— TASK ITEM —
Which lines of the records contain the word "ConsumeBlocking"? Show each of them.

Segment Start: EXCERPTED RECORDS

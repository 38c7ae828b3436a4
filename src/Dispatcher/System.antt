-- ===== src/Dispatcher/System.antt =====
-- dispatcher.go: `ConsumeBlocking` and the goroutines that it starts, one for each queue,
-- interleaved. Each runs the loop of `consume`; a phase is the place where it stands between two
-- actions that others can see. The processing of a delivery is one action here, and the pauses are
-- left out.
pub mod Stored
pub mod Places
pub mod Taken
pub mod Settled
pub mod Shutdown
use bunmq.Base.{
  ℕ, String, zero, suc, ◌+◌, Bool, true, false, List, [], ◌∷◌, ◌++◌, map, if◌then◌else◌,
}
use bunmq.Base.Dict
use bunmq.Errors.{Result, ok, err}
use bunmq.GoType.{GoType}
use bunmq.Queue.{QueueDefinition}
use bunmq.Amqp.Table.{empty}
use bunmq.Amqp.Channel.{AmqpChannel, Delivery, Incoming}
use bunmq.Dispatcher.{Manager, Dispatcher}
use bunmq.Dispatcher.Metadata.{Run, returned, panicked}
use bunmq.Dispatcher.Process.{Action, process_received_message}
use bunmq.Dispatcher.Consume.{Channels}

-- Where a goroutine stands: before it reads the flag, before `GetChannel`, before `Consume` on a
-- channel, before it stores the Go channel of the deliveries, at the receiving of the rest of
-- them, behind the end of the Go channel, and behind its return. With no delivery left it waits
-- where the Go channel stays open.
pub data Phase (W : Type 0) : Type 0 where
  checking connecting dropping ended : Phase W
  opening : AmqpChannel W → Phase W
  storing receiving : List Delivery → (closes : Bool) → Phase W

-- What the goroutines share: `consuming`, `consumeChannels` and the outside.
pub record Shared (W : Type 0) : Type 0 where
  pub consuming : Bool
  pub channels : Channels
  pub outside : W

abbrev pub Thread : Type 0 → Type 0
Thread W = QueueDefinition × Phase W

-- What an action came to, with how many deliveries it received and what was sent for each.
abbrev pub Step : Type 0 → Type 0 → Type 0 → Type 0
Step W Payload A = Run A × ℕ × List (Delivery × List (Action Payload)) × Shared W

pub record System (W Payload : Type 0) : Type 0 where
  pub threads : List (Thread W)
  pub shared : Shared W
  pub crashed : Bool
  pub received : ℕ
  pub actions : List (Delivery × List (Action Payload))

-- What happens next: a goroutine acts, by its place, the signal comes, or something changes
-- outside.
pub data Event (W : Type 0) : Type 0 where
  turn : ℕ → Event W
  signal : Event W
  change : W → Event W

module _ {W Payload : Type 0} where
  -- `ConsumeBlocking` up to the wait for the signal; `order` is the order over the map of queues.
  abbrev pub start : (order : List QueueDefinition) → Channels → W → System W Payload
  start order chans w = record {
    threads = map (λ q. (q, checking)) order;
    shared = record { consuming = true; channels = chans; outside = w };
    crashed = false;
    received = 0;
    actions = [];
  }

  -- Its last lines.
  abbrev pub stop : System W Payload → System W Payload
  stop y = record y { shared = record y.shared { consuming = false } }

  abbrev pub onward : {A B : Type 0} → (A → B) → Step W Payload A → Step W Payload B
  onward f (returned a, n, acts, h) = (returned (f a), n, acts, h)
  onward f (panicked, n, acts, h) = (panicked, n, acts, h)

  abbrev pub next_of_channel : Result (AmqpChannel W) × W → Shared W → Step W Payload (Phase W)
  next_of_channel (err e, w) h = (returned checking, 0, [], record h { outside = w })
  next_of_channel (ok ch, w) h = (returned (opening ch), 0, [], record h { outside = w })

  abbrev pub next_of_deliveries : Result Incoming × W → Shared W → Step W Payload (Phase W)
  next_of_deliveries (err e, w) h = (returned checking, 0, [], record h { outside = w })
  next_of_deliveries (ok (ds, closes), w) h =
      (returned (storing ds closes), 0, [], record h { outside = w })

  abbrev pub next_of_run :
      Delivery
      → List Delivery
      → (closes : Bool) → Run (Unit {0}) × List (Action Payload) × W
      → Shared W
      → Step W Payload (Phase W)
  next_of_run d ds closes (returned _, acts, w) h =
      (returned (receiving ds closes), 1, (d, acts) ∷ [], record h { outside = w })
  next_of_run d ds closes (panicked, acts, w) h =
      (panicked, 1, (d, acts) ∷ [], record h { outside = w })

module _ {W Payload : Type 0} (manager : Manager W) (unmarshal : String → GoType → Result Payload)
    (s : Dispatcher W Payload) where
  -- The next action of the goroutine of a queue.
  unfoldable pub advance : QueueDefinition → Phase W → Shared W → Step W Payload (Phase W)
  advance q checking h = (returned (if h.consuming then connecting else ended), 0, [], h)
  advance q connecting h = next_of_channel (manager.get_channel h.outside) h
  advance q (opening ch) h =
      next_of_deliveries (ch.consume q.name "" false false false false empty h.outside) h
  advance q (storing ds closes) h = (
    returned (receiving ds closes),
    0,
    [],
    record h { channels = Dict.insert q.name (ds, closes) h.channels },
  )
  advance q (receiving [] true) h = (returned dropping, 0, [], h)
  advance q (receiving [] false) h = (returned (receiving [] false), 0, [], h)
  advance q (receiving (d ∷ ds) closes) h =
      next_of_run d ds closes (process_received_message manager unmarshal s q d h.outside) h
  advance q dropping h =
      (returned checking, 0, [], record h { channels = Dict.erase q.name h.channels })
  advance q ended h = (returned ended, 0, [], h)

  -- The same of the goroutine at a place in the list; there may be none.
  unfoldable pub advance_at : ℕ → List (Thread W) → Shared W → Step W Payload (List (Thread W))
  unfolding advance
  advance_at n [] h = (returned [], 0, [], h)
  advance_at zero ((q, p) ∷ ts) h = onward (λ p'. (q, p') ∷ ts) (advance q p h)
  advance_at (suc n) (t ∷ ts) h = onward (λ ts'. t ∷ ts') (advance_at n ts h)

  -- A panic in a goroutine ends the program.
  abbrev pub took : System W Payload → Step W Payload (List (Thread W)) → System W Payload
  took y (returned ts, n, acts, h) = record y {
    threads = ts;
    shared = h;
    received = y.received + n;
    actions = y.actions ++ acts;
  }
  took y (panicked, n, acts, h) = record y {
    shared = h;
    crashed = true;
    received = y.received + n;
    actions = y.actions ++ acts;
  }

  unfoldable pub happen : Event W → System W Payload → System W Payload
  unfolding advance_at
  happen (turn n) y = if y.crashed then y else took y (advance_at n y.threads y.shared)
  happen signal y = stop y
  happen (change w) y = record y { shared = record y.shared { outside = w } }

  -- A schedule: the events of a run, in order.
  unfoldable pub run : List (Event W) → System W Payload → System W Payload
  unfolding happen
  run [] y = y
  run (e ∷ es) y = run es (happen e y)
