-- ===== src/Dispatcher/System/Places.antt =====
-- dispatcher.go, `ConsumeBlocking`: the goroutine at a place of the list.
use bunmq.Base.{ℕ, zero, suc, Option, none, some, List, [], ◌∷◌}
use bunmq.Dispatcher.System.{Phase, Thread}

module _ {V : Type 0} where
  -- The goroutine at a place, if there is one, and the list with its phase replaced.
  abbrev pub thread_at : ℕ → List (Thread V) → Option (Thread V)
  thread_at n [] = none
  thread_at zero (t ∷ ts) = some t
  thread_at (suc n) (t ∷ ts) = thread_at n ts

  abbrev pub moved : ℕ → Phase V → List (Thread V) → List (Thread V)
  moved n p [] = []
  moved zero p (t ∷ ts) = (t.0, p) ∷ ts
  moved (suc n) p (t ∷ ts) = t ∷ moved n p ts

Segment End: EXCERPTED RECORDS

— RESPONSE TO THE EXERCISE —
-- dispatcher.go: `ConsumeBlocking` and the goroutines that it starts, one for each queue,
  -- `ConsumeBlocking` up to the wait for the signal; `order` is the order over the map of queues.
-- dispatcher.go, `ConsumeBlocking`: the goroutine at a place of the list.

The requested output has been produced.